ラマダーン月の間、イスラーム教徒は日中の飲食ができなくなる。
それによって食事時間や献立が変わるのでそれについて一般的なことを書く。
今、日の出は5時45分前後なので
起床は朝4時から5時ごろになる。
人によっては30分ぐらいクルアーンを朗誦して、
それから簡単な食事をする。
友達の家に泊まったとき
おばあちゃんがまだ闇の中でクルアーンを開いて
もごもご言っているのを見たときは
光がないのに読めるのかなあと思ったが
ある程度は暗記しているだろうし
はっきりと字がよめなくても支障はないのであろう。
話を戻す。
朝食の内容はというと
紅茶、ミルクティーなどの飲み物
それにケーキやビスケットという組み合わせが多い。
抜かす昼食分のエネルギーを補うために
朝のうちに大量の糖分を摂っておくのだ。
そのわりには軽めのメニューじゃない?と思うかもしれないが
ここで欲張ってしまうと昼間は胃がもたれて辛いのだそうだ。
悩ましいところである。
といいつつも、食べる人は腹10分目までしっかり食べる。
そして朝の礼拝をして、また1・2時間眠る。
太陽が出ている間は
水はもちろん、唾を飲むことも禁じられている。
そのために路上で唾を吐く人をみかけることも少なくない。
ちなみにタバコも口にしてはいけない。
異教徒には関係ないとはいえ、喉をひりつかした人たちの前で
コーラを「ひゃー、うめーぜ」なんて飲めないので
僕も外にいるときは自主断食。
別にぐびぐびと音を立てたところで
コラッ、なんて叩かれるわけでもないのだけれど
そこらへんは郷に入った者としてはきちんと郷に従う。
日没は夜7時前。

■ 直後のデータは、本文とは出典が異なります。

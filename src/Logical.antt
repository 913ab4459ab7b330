-- ===== src/Logical.antt =====
-- tinyolap/src/logical_plan: the logical plan and the rules of its optimizer.
pub mod Plan
pub mod Folding
pub mod Coercion
pub mod Optimizer
pub mod Meaning
pub mod Correctness
mod Examples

今日は6時58分だったか。
まずは水かジュースを口にして
オプションでナツメヤシをかじる。
そうして空っぽの胃を驚かさないようにしてから
待ち焦がれた食事となる。
この食事、前もって「明日はうちに食べにきてよ」なんて
誘われた席では豪勢な料理が準備されているが
散歩中に「そろそろ時間だし、一緒にどうだい?」と
近所の人に声をかけてもらって突然の参加をするときは
質素に豆料理だけ、などという場合が多い。
多くの家庭では7時には軽めな晩御飯を食べて
そのあと夜10時に豪華な晩御飯が出る。
そして深夜1時、就寝前には追加の晩御飯となる。